### What the task requires
Begin at the line containing "from_u8-bits (CanMessageId.priority id)" in the entries below and end at the line containing "(metadata : FrameMetadata)"; transcribe that range exactly and nothing outside it.

Data excerpts:
*** Begin section ***
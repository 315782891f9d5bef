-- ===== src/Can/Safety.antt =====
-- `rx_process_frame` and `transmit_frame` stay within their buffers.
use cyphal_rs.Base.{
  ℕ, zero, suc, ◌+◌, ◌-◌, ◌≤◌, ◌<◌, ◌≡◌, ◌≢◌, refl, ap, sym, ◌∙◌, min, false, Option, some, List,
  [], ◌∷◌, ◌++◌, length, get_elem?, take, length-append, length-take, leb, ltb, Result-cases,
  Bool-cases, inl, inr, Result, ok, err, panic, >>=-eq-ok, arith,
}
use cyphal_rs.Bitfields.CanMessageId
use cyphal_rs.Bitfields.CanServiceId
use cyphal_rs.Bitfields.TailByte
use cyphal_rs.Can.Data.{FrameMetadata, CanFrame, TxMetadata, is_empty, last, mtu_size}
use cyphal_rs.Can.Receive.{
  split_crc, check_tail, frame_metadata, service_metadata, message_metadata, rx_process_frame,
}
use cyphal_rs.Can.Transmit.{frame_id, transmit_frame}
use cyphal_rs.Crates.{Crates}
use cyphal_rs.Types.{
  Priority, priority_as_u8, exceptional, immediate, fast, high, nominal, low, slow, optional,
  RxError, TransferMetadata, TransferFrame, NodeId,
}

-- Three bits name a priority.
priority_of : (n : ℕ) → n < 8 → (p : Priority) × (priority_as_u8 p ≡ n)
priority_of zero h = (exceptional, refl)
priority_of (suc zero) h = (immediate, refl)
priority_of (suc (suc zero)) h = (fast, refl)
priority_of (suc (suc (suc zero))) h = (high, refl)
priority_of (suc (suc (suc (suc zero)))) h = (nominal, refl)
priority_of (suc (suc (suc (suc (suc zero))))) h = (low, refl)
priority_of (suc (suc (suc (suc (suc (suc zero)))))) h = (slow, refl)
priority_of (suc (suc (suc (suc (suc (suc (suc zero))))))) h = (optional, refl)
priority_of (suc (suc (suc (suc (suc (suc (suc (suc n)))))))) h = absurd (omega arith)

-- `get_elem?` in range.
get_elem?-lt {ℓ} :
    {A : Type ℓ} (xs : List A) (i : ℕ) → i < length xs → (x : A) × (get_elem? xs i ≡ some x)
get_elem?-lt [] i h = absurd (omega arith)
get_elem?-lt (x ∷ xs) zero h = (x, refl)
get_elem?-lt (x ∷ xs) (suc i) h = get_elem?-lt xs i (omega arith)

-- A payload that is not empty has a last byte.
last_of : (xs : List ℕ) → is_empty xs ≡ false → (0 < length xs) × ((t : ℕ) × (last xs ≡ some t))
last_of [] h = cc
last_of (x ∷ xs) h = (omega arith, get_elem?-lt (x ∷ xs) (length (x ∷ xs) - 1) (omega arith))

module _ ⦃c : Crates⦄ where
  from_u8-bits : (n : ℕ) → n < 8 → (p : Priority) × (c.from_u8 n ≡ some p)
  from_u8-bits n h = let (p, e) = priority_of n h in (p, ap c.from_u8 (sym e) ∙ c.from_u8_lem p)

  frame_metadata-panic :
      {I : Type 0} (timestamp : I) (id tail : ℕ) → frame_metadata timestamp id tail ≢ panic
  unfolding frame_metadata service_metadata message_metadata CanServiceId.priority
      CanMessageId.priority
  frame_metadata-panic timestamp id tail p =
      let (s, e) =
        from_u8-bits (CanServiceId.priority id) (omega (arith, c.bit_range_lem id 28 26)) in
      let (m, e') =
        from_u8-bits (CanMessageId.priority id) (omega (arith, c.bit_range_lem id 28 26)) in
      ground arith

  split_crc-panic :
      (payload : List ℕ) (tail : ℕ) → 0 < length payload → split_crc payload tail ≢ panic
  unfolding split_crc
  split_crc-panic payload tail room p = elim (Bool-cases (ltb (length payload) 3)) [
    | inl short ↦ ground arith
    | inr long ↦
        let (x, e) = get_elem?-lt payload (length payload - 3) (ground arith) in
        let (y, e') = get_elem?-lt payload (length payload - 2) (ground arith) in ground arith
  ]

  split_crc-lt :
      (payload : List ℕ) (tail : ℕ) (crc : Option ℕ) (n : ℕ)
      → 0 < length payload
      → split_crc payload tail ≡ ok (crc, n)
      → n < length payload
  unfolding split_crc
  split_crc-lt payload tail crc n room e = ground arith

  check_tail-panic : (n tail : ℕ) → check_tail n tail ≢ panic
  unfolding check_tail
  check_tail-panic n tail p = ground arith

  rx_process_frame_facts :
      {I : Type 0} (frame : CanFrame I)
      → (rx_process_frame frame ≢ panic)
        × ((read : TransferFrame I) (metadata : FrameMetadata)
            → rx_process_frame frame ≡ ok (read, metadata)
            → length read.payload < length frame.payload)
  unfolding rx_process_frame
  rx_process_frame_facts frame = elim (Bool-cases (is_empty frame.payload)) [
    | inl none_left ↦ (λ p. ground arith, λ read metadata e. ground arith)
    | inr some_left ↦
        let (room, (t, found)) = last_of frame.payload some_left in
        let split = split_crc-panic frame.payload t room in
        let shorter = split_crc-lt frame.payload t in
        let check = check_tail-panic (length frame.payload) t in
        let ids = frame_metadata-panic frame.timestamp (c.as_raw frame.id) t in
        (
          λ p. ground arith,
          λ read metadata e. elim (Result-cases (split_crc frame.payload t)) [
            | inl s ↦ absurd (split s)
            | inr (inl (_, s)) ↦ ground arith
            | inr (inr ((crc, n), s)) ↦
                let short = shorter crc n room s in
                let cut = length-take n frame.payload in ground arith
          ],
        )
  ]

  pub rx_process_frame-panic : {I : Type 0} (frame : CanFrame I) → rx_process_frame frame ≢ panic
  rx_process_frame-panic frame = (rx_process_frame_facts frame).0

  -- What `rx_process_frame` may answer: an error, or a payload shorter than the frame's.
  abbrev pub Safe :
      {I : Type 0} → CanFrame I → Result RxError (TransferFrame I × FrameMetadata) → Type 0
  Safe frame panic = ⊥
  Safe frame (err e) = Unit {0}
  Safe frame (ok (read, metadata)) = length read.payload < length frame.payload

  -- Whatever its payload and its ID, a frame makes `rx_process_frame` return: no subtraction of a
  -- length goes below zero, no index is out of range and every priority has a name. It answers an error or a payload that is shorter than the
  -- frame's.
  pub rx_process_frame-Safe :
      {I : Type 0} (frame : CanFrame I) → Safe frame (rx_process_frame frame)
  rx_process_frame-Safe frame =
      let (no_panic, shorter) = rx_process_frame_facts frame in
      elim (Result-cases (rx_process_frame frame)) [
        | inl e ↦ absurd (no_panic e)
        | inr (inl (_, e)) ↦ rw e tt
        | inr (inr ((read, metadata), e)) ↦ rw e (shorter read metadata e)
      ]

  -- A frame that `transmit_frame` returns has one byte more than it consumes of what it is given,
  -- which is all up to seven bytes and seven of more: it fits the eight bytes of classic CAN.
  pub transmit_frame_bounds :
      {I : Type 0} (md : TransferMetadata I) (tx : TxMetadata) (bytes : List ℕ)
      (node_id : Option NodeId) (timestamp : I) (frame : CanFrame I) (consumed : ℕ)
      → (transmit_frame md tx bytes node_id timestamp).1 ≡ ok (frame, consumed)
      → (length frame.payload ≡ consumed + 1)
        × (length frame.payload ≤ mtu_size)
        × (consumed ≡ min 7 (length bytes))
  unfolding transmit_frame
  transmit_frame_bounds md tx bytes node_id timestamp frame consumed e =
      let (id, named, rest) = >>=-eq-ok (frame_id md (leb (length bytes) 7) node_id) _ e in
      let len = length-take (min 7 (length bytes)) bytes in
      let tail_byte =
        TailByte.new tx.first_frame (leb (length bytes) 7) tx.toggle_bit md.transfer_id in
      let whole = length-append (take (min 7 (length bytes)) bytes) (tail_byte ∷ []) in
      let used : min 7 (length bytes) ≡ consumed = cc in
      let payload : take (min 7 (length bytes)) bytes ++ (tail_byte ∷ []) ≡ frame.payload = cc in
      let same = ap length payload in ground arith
*** End section ***
*** Begin section ***
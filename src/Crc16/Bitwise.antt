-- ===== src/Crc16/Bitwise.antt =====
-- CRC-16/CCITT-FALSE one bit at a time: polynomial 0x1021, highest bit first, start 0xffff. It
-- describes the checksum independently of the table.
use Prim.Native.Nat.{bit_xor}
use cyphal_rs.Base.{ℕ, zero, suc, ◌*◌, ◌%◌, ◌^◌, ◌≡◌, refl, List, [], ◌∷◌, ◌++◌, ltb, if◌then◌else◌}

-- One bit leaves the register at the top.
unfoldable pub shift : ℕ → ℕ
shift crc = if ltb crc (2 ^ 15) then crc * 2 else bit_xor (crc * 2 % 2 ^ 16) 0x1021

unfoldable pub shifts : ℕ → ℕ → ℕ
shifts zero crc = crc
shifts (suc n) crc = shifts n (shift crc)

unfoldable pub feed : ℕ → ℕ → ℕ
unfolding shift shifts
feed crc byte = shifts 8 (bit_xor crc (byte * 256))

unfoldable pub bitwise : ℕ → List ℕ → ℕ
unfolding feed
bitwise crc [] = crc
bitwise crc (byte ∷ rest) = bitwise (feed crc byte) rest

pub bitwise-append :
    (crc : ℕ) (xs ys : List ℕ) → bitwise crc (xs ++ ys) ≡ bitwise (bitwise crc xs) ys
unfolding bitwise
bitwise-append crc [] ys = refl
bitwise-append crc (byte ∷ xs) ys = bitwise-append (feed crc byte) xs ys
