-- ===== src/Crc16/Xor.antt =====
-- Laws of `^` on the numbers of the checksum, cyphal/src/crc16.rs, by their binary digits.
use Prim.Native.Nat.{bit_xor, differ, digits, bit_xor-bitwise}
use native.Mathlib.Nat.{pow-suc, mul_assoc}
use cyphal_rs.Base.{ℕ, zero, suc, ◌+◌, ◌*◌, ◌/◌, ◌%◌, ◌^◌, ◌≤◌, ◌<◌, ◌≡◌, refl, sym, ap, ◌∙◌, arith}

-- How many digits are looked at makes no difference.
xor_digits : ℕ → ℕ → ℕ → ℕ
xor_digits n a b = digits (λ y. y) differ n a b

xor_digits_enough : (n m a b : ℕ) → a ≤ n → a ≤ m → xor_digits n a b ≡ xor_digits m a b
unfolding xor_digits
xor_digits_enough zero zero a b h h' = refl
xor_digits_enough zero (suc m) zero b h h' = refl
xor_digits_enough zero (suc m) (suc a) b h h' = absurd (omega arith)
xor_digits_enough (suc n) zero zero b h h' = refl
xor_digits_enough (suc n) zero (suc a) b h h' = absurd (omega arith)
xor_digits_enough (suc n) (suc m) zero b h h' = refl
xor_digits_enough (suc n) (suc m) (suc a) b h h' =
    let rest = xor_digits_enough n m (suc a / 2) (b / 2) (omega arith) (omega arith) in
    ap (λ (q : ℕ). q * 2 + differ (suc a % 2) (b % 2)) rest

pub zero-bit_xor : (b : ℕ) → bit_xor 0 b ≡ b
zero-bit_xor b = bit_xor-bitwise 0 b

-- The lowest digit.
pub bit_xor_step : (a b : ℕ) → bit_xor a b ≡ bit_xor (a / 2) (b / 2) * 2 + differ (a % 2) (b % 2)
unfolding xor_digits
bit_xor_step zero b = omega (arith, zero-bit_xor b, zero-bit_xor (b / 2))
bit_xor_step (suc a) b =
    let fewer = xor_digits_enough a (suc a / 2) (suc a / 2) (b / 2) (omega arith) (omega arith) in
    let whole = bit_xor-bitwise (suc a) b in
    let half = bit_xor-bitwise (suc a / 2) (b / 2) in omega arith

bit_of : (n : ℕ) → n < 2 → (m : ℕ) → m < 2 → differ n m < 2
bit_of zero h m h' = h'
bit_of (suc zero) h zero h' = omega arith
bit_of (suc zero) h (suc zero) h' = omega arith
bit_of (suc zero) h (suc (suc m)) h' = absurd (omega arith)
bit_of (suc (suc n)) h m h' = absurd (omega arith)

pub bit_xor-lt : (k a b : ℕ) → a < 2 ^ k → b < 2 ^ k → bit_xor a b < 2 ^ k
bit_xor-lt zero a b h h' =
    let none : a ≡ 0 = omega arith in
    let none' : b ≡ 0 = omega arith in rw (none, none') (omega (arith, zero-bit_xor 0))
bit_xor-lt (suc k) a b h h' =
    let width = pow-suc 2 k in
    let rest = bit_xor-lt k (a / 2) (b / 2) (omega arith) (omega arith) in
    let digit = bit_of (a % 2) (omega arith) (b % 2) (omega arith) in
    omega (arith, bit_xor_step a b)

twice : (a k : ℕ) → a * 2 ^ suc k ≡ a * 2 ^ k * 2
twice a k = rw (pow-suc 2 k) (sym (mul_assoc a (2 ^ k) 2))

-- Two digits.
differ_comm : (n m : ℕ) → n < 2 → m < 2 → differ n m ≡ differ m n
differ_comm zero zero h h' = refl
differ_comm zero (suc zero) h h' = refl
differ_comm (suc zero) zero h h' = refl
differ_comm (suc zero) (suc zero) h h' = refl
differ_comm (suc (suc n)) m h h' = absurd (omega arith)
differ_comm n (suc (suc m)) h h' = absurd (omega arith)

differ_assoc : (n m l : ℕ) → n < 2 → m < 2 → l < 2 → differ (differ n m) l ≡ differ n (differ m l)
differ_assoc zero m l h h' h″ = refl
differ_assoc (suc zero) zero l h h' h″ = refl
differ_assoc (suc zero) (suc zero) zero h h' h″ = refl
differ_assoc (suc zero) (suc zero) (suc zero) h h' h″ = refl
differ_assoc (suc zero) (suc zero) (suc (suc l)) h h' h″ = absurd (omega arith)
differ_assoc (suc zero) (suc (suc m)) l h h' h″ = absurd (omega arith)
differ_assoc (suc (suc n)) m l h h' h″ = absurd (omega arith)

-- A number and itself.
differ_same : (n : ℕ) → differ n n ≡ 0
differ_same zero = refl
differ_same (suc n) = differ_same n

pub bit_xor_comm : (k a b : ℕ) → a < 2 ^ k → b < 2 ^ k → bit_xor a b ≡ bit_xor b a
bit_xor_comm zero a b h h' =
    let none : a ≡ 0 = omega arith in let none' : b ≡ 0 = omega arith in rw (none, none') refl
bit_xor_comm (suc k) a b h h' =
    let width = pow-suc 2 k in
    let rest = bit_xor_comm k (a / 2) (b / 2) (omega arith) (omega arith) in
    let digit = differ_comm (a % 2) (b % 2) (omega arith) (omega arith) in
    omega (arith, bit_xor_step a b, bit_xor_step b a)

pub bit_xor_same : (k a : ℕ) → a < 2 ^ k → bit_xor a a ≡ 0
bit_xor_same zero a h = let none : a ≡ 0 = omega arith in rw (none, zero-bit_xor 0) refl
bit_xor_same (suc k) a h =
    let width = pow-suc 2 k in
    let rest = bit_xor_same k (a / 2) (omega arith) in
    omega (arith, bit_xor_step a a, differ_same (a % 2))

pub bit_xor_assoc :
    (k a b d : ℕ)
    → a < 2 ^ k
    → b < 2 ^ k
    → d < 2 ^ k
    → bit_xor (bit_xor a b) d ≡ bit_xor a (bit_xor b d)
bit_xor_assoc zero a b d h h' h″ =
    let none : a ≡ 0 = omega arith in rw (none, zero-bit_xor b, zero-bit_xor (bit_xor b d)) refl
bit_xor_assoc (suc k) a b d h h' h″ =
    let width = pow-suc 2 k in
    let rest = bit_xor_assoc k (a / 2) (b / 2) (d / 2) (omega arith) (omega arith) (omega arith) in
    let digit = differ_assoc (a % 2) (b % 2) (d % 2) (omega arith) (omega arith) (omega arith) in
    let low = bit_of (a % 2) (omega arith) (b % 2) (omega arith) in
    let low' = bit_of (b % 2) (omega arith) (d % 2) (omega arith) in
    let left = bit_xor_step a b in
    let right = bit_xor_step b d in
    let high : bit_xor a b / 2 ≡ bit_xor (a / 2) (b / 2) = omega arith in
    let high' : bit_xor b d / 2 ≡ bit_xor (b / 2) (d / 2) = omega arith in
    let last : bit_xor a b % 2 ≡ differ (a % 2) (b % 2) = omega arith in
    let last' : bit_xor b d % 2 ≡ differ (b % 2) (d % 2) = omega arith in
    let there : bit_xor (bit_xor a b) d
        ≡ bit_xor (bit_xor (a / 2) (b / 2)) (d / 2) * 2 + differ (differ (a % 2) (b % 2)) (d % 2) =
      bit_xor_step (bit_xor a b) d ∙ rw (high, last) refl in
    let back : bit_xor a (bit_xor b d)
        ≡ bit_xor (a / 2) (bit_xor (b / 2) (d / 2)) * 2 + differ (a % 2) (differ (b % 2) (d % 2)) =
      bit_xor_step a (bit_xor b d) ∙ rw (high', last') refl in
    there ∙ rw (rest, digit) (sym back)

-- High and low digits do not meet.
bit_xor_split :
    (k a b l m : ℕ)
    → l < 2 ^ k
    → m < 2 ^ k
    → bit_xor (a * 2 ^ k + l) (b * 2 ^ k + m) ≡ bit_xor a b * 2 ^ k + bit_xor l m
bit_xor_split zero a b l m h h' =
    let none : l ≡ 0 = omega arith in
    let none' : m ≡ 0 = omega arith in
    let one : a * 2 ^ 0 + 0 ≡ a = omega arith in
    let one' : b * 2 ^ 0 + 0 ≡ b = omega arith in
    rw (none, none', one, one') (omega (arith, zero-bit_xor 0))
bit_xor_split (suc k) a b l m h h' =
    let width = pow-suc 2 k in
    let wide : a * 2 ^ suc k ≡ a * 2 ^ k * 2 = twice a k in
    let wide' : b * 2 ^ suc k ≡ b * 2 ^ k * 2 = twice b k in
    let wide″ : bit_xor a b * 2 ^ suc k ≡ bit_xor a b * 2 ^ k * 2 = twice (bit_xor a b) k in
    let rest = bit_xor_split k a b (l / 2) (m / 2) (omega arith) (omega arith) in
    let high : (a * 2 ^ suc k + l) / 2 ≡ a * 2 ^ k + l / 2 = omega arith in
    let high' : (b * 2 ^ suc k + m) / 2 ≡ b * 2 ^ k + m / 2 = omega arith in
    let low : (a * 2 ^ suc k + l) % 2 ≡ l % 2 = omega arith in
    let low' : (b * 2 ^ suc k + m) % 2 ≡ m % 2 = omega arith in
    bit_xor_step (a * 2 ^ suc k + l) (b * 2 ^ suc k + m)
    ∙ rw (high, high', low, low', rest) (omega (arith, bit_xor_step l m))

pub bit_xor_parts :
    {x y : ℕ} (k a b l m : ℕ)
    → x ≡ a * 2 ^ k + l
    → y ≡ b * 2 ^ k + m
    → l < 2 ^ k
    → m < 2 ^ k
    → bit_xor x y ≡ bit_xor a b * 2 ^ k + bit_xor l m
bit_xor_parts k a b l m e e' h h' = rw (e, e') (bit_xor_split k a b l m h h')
*** End section ***
### Written solution
        from_u8-bits (CanMessageId.priority id) (omega (arith, c.bit_range_lem id 28 26)) in
      ground arith

  split_crc-panic :
      (payload : List ℕ) (tail : ℕ) → 0 < length payload → split_crc payload tail ≢ panic
  unfolding split_crc
  split_crc-panic payload tail room p = elim (Bool-cases (ltb (length payload) 3)) [
    | inl short ↦ ground arith
    | inr long ↦
        let (x, e) = get_elem?-lt payload (length payload - 3) (ground arith) in
        let (y, e') = get_elem?-lt payload (length payload - 2) (ground arith) in ground arith
  ]

  split_crc-lt :
      (payload : List ℕ) (tail : ℕ) (crc : Option ℕ) (n : ℕ)
      → 0 < length payload
      → split_crc payload tail ≡ ok (crc, n)
      → n < length payload
  unfolding split_crc
  split_crc-lt payload tail crc n room e = ground arith

  check_tail-panic : (n tail : ℕ) → check_tail n tail ≢ panic
  unfolding check_tail
  check_tail-panic n tail p = ground arith

  rx_process_frame_facts :
      {I : Type 0} (frame : CanFrame I)
      → (rx_process_frame frame ≢ panic)
        × ((read : TransferFrame I) (metadata : FrameMetadata)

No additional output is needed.